Saturday, September 08, 2007

Judy Blume Is Next

Although this news is not exclusive to Fosco Lives! (like our recent report of the death of Roberto "Len" Butler), we are sorry to note the passing of author Madeleine L'Engle. You can read the NYTimes obit.

Fosco recalls being thrilled by Ms. L'Engle's fiction, especially A Wrinkle in Time, as a seventh-grader. Fosco's English teacher Mrs. Eycleshymer (seriously!) assigned all of the L'Engle books to him for extra credit reading (yes, Young Fosco was just that obnoxious). It was even more thrilling when, a year or so later, Mrs. Eycleshymer and Young Fosco were able to attend a reading by Ms. L'Engle at a nearby community college. Young Fosco was selected by Mrs. Eycleshymer to be allowed publicly to ask Ms. L'Engle a question.

Young Fosco asked: "Which of your books is your favorite and why?"

Madeleine L'Engle answered: "You may as well ask me which of my children is my favorite."

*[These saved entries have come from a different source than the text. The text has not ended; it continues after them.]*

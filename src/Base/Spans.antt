-- ===== src/Base/Spans.antt =====
-- Spans of memory: the bytes read from and written to a range.
use Prim.Native.Nat.{ℕ, zero, suc, ◌+◌, ◌-◌, ◌≤◌, ◌<◌}
use mathlib.Core.Path.{◌≡◌, refl, sym, ap, ◌∙◌}
use mathlib.Core.Logic.{inl, inr}
use mathlib.Core.List.{List, [], ◌∷◌, ◌++◌}
use native.Mathlib.Omega.{arith}
use xmu_learning_os.Base.Tests.{◌==◌, Bool-cases}
use xmu_learning_os.Base.Array.{update}
use xmu_learning_os.Base.Lists.{length, take, drop, get_or}
use xmu_learning_os.Base.Memory.{Bytes, bytes_at, put_bytes, put_bytes_below}

pub bytes_at_same :
    (m m' : Bytes) (a b n : ℕ)
    → ((j : ℕ) → j < n → m (a + j) ≡ m' (b + j))
    → bytes_at m a n ≡ bytes_at m' b n
unfolding bytes_at
bytes_at_same m m' a b zero h = refl
bytes_at_same m m' a b (suc n) h =
    let e : m a ≡ m' b = ground (arith, h 0 (omega arith)) in
    let r = bytes_at_same m m' (a + 1) (b + 1) n (λ j l. ground (arith, h (1 + j) (omega arith))) in
    cc

pub bytes_at-add :
    (m : Bytes) (a n k : ℕ) → bytes_at m a (n + k) ≡ bytes_at m a n ++ bytes_at m (a + n) k
unfolding bytes_at
bytes_at-add m a zero k = ground arith
bytes_at-add m a (suc n) k =
    let e : suc n + k ≡ suc (n + k) = omega arith in
    let f : a + 1 + n ≡ a + suc n = omega arith in
    ap (λ x. bytes_at m a x) e
    ∙ ap (λ r. m a ∷ r) (bytes_at-add m (a + 1) n k)
    ∙ ap (λ x. m a ∷ (bytes_at m (a + 1) n ++ bytes_at m x k)) f

pub put_bytes_inside :
    (m : Bytes) (a : ℕ) (cs : List ℕ) (b : ℕ)
    → a ≤ b
    → b < a + length cs
    → put_bytes m a cs b ≡ get_or cs (b - a) 0
unfolding put_bytes
put_bytes_inside m a [] b h l = absurd (omega arith)
put_bytes_inside m a (c ∷ cs) b h l = elim (Bool-cases (a == b)) [
  | inl s ↦
      (let e : b - a ≡ 0 = ground arith in
        put_bytes_below (update m a c) (a + 1) cs b (ground arith)
        ∙ ground arith
        ∙ ap (λ i. get_or (c ∷ cs) i 0) (sym e))
  | inr s ↦
      (let e : b - a ≡ suc (b - (a + 1)) = ground arith in
        put_bytes_inside (update m a c) (a + 1) cs b (ground arith) (omega arith)
        ∙ ap (λ i. get_or (c ∷ cs) i 0) (sym e))
]

pub length-take : (n : ℕ) (cs : List ℕ) → n ≤ length cs → length (take n cs) ≡ n
length-take zero cs h = refl
length-take (suc n) [] h = omega arith
length-take (suc n) (c ∷ cs) h = ap suc (length-take n cs (omega arith))

pub length-drop : (n : ℕ) (cs : List ℕ) → length (drop n cs) ≡ length cs - n
length-drop zero cs = omega arith
length-drop (suc n) [] = omega arith
length-drop (suc n) (c ∷ cs) = length-drop n cs ∙ omega arith

-- A write in two parts.
pub put_bytes-drop :
    (m : Bytes) (a n : ℕ) (cs : List ℕ)
    → n ≤ length cs
    → put_bytes (put_bytes m a (take n cs)) (a + n) (drop n cs) ≡ put_bytes m a cs
unfolding put_bytes
put_bytes-drop m a zero cs h = ap (λ x. put_bytes m x cs) (omega arith)
put_bytes-drop m a (suc n) [] h = absurd (omega arith)
put_bytes-drop m a (suc n) (c ∷ cs) h =
    ap (λ x. put_bytes (put_bytes (update m a c) (a + 1) (take n cs)) x (drop n cs)) (omega arith)
    ∙ put_bytes-drop (update m a c) (a + 1) n cs (omega arith)

pub put_bytes_same :
    (m m' : Bytes) (a : ℕ) (cs : List ℕ) (b : ℕ)
    → m b ≡ m' b
    → put_bytes m a cs b ≡ put_bytes m' a cs b
unfolding put_bytes
put_bytes_same m m' a [] b h = h
put_bytes_same m m' a (c ∷ cs) b h =
    put_bytes_same (update m a c) (update m' a c) (a + 1) cs b (ground (arith, h))

-- The same write, seen from two places.
pub put_bytes_shift :
    (m m' : Bytes) (a a' : ℕ) (cs : List ℕ) (b b' : ℕ)
    → b + a' ≡ b' + a
    → m b ≡ m' b'
    → put_bytes m a cs b ≡ put_bytes m' a' cs b'
unfolding put_bytes
put_bytes_shift m m' a a' [] b b' e h = h
put_bytes_shift m m' a a' (c ∷ cs) b b' e h =
    put_bytes_shift (update m a c) (update m' a' c) (a + 1) (a' + 1) cs b b' (omega arith)
      (ground (arith, h))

To this day, Fosco considers this answer to be bullshit. Parents obviously have favorite children; there's no reason that authors shouldn't have favorite works. Fosco certainly knows which of his creative or academic endeavors he likes best. The nice thing about choosing the favorite of your textual progeny is that the other books don't get jealous and get pregnant to try to get your attention. Actually, come to think of it, Fosco still slightly resents her for that answer.

I would love to be able to say that Ms. L'Engle's books were important to the development of Young Fosco. Or that they somehow made Fosco who he is today. To tell the truth, Adult Fosco doesn't remember anything about any of her books. Was there time travel? That sounds about right. Precocious kids? Signs point to yes. Talking cartoon bats? Sure. Why not.

He does remember a diagram of a tesseract in one of the novels that completely blew his mind. There was this whole thing about trying to imagine the two-dimensional diagram in four dimensions. Fosco can honestly say that this was the last time he thought math was cool.

Actually, if you want to see a really nifty animated version of a tesseract, please check this out. But even so, math still isn't fun. Math: it's never fun. Oh, and it's completely useless.

2 comments:

kungfuramone said...

A compelling point! I'm fairly certain that tesseracts are the only cool thing about math. Oh, wait, mobius strips are cool too. But that's it.

FOSCO said...

Yes! Mobius strips kinda rock--partly because literary theorists use them as metaphors a lot.